I think I've gone over to the dark side.

Thursday, February 21, 2013

The word 'Irony' is used too often, and often wrong.

Wednesday, February 20, 2013

I'm so fucking sick of being poor. I know I've made some bad decisions in my life and I totally have the 'Spend all your money today cos you are going to die tomorrow' mindset. BUT THAT'S GONNA CHANGE. I DON'T WANNA BE POOR ANYMORE I AM FUCKING SICK OF IT I CAN'T DO ANYTHING AT ALL UGHHHHHHHHH

Saturday, February 16, 2013

in the foulest of moods today. i hate confrontations.

Friday, February 15, 2013

All things happen for a reason

why, hello. 

my days have been good. i think i got more than i deserved and sometimes i dont know how to appreciate it. 

i have been plagued with the problems of my friends and i use the word plague because it really seems like it. and suddenly all of us are in this sad vortex with the suction force of quicksand. misery loves company. but as i listen to their problems and track back to how many times they have been whining about the same thing since forever, i realise that without our past mistakes and experiences they would have never learnt and grow from there. 
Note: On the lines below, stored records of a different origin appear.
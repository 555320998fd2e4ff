-- ===== src/Chempot/Examples.antt =====
-- Three composition nodes in falling order, and an alloy between two nodes, in thousandths.
use mathlib.Core.List.{Permᴰ}
use potfit.Base.{◌≡◌, refl, true, false, List, [], ◌∷◌, some, arith}
use potfit.Base.Int.{pos, ◌+ℤ◌, ◌-ℤ◌}
use potfit.Base.Double.{Milli, milli_double}
use potfit.Chempot.{Row, sort_chem_pot_2d, chemical_potential, init_chemical_potential}
use potfit.Chempot.Sorting.{IsAscending, sort_chem_pot_2d-IsSorted}

abbrev row : Milli → Milli → Row Milli
row node value = record { node = node; value = value; pmin = pos 0; pmax = pos 9000 }

abbrev falling : List (Row Milli)
falling = row (pos 750) (pos 1) ∷ row (pos 500) (pos 2) ∷ row (pos 250) (pos 3) ∷ []

abbrev rising : List (Row Milli)
rising = row (pos 250) (pos 3) ∷ row (pos 500) (pos 2) ∷ row (pos 750) (pos 1) ∷ []

was_sorted : sort_chem_pot_2d falling ≡ some rising
unfolding sort_chem_pot_2d
was_sorted = refl

at_most_one_below : (a b : Milli) → milli_double.lt a b ≡ true → milli_double.lt b a ≡ false
at_most_one_below a b h = ground arith

sort_chem_pot_2d-IsSorted_example :
    (sorted : List (Row Milli)) × (sort_chem_pot_2d falling ≡ some sorted)
    × IsAscending sorted
    × Permᴰ falling sorted
sort_chem_pot_2d-IsSorted_example = sort_chem_pot_2d-IsSorted at_most_one_below falling

-- The nodes 0.25 and 0.75 have the values 3 and 4. Two atoms of each type are half way between them.
interior :
    chemical_potential 2
      (pos 250 ∷ pos 750 ∷ [])
      2
      (2 ∷ 2 ∷ [])
      (pos 1000 ∷ pos 2000 ∷ pos 3000 ∷ pos 4000 ∷ [])
    ≡ pos 10000
unfolding chemical_potential ◌+ℤ◌ ◌-ℤ◌
interior = refl

three_types :
    chemical_potential 3 [] 3 (1 ∷ 2 ∷ 3 ∷ []) (pos 1000 ∷ pos 2000 ∷ pos 3000 ∷ []) ≡ pos 14000
unfolding chemical_potential ◌+ℤ◌ ◌-ℤ◌
three_types = refl

only_for_two : init_chemical_potential 3 falling ≡ some falling
unfolding init_chemical_potential
only_for_two = refl
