-- ===== src/Config.antt =====
-- config.c: the box, the neighbor tables and the angles of a configuration, and the reader.
pub mod Slots
pub mod Neighbors
pub mod Angles
pub mod Box
pub mod Names
pub mod Header
pub mod Counts
pub mod Reader
use potfit.Base.{ℕ, ◌+◌, List}
use potfit.Base.Double.{Double, zero_double, ◌⊕◌, ◌⊗◌}
use potfit.Base.Int.{ℤ, pos, negsuc}

-- What `error(1, ...)` reports. `stuck` is no error of the code: fuel of the bisection that ran out.
pub data Failure : Type 0 where
  short_distance : Failure
  unknown_format : Failure
  count_mismatch : Failure
  stuck : Failure
  cosine_out_of_range : Failure
  parallel_edges : Failure
  tiny_cell : Failure

pub record Vector (W : Type 0) : Type 0 where
  pub x : W
  pub y : W
  pub z : W

pub record Tensor (W : Type 0) : Type 0 where
  pub xx : W
  pub yy : W
  pub zz : W
  pub xy : W
  pub yz : W
  pub zx : W

-- The cells `slot[i]`, `shift[i]`, `step[i]` and `col[i]` of a neighbor.
pub record Slot (W : Type 0) : Type 0 where
  pub slot : ℕ
  pub shift : W
  pub step : W
  pub col : ℕ

-- `neigh_t`, as far as config.c fills it.
pub record Neighbor (W : Type 0) : Type 0 where
  pub type : ℕ
  pub nr : ℕ
  pub r : W
  pub r2 : W
  pub inv_r : W
  pub dist : Vector W
  pub dist_r : Vector W
  pub sqrdist : Tensor W
  pub slots : List (Slot W)
  pub ijk_start : ℕ

module _ {W : Type 0} ⦃d : Double W⦄ where
  -- The macro SPROD.
  abbrev pub sprod : Vector W → Vector W → W
  sprod a b = ((a.x ⊗ b.x) ⊕ (a.y ⊗ b.y)) ⊕ (a.z ⊗ b.z)

  -- `(double)n`.
  abbrev pub of_int : ℤ → W
  of_int (pos n) = d.lit n 1
  of_int (negsuc n) = d.neg (d.lit (n + 1) 1)

  abbrev pub zero_slot : Slot W
  zero_slot = record { slot = 0; shift = zero_double; step = zero_double; col = 0 }

  abbrev pub zero_tensor : Tensor W
  zero_tensor = record {
    xx = zero_double;
    yy = zero_double;
    zz = zero_double;
    xy = zero_double;
    yz = zero_double;
    zx = zero_double;
  }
its common to hear people say these words of comfort 'all things happen for a reason' but we dont actually understand and be grateful for what happened before. like i know of this girl who fell out with all of her bitch girlfriends for this guy because one of them bitches decided to spread the word that she stole him from her. and this friend of mine was sad for a long time. but like the chinese say, if the old ones dont go the new ones wont come. im not saying friends are disposable and as long as better ones come along you kick aside your old friends. but if they turn their backs on you, dont even bother. and this girl is now happily with this other guy and has a ton of other new friends who are not so immature. and i'll bet that if she looks back at her life now she'll be grateful they fell out with her because if they didn't, she wouldn't have learnt the difference between true friends and those who are not. 

without your present you wouldn't have your future. its funny but i feel that i am right where i am supposed to be right now. i dont regret that i didn't go to a better university; i dont regret any of my past relationships; i dont regret spending my money frivolously; i dont regret falling out with any of my enemies. 

i could be a better person and i WILL be, in the future when i learn from other mistakes. its true that you are in control of your destiny and if you study hard and become a millionaire now you earned it. but if you dont and you choose a different path, dont worry. you would have your day in the sun if you choose wisely. there are no wrong choices, only choices that have not been made. and most importantly, dont be a pussy. be ready to face the consequences for whatever choice you make cos lets face it, karma can be and will be a bitch. 


okay im done with my pointless post. HAHA bye now. 

Tuesday, February 5, 2013

trollolololll. I will never understand why I'm not a people person. I don't believe that you can be anything you wanna be as long as you put your mind to it. No one can totally change their character just because they set their heart on it. Like Lady Gaga said, you were born this way.

Monday, February 4, 2013

hi all :)

thought i'd do a small update. 

i have an important interview tomorrow and if it goes well i will have a job on by wednesday. im pretty excited about it. i mean, i think this is it. and its for a well known MNC. so i guess god is really throwing me a lifeline here. although i will miss chilling at night and doing nothing all day, i'm actually really excited to start working and earn my own keeps. money is kinda the source of all my problems now so i think it'll be quite a relief for me. fingers crossed!

josh finally got an iPhone! it feels weird whatsapping him though. and he's constantly playing some stupid games on his phone. so i guess there's good and bad. 

i think im really lucky to have josh and g in my life. given that i am not an easy person to get along with and even my family hates me, i think those 2 have the tolerance level of a deity.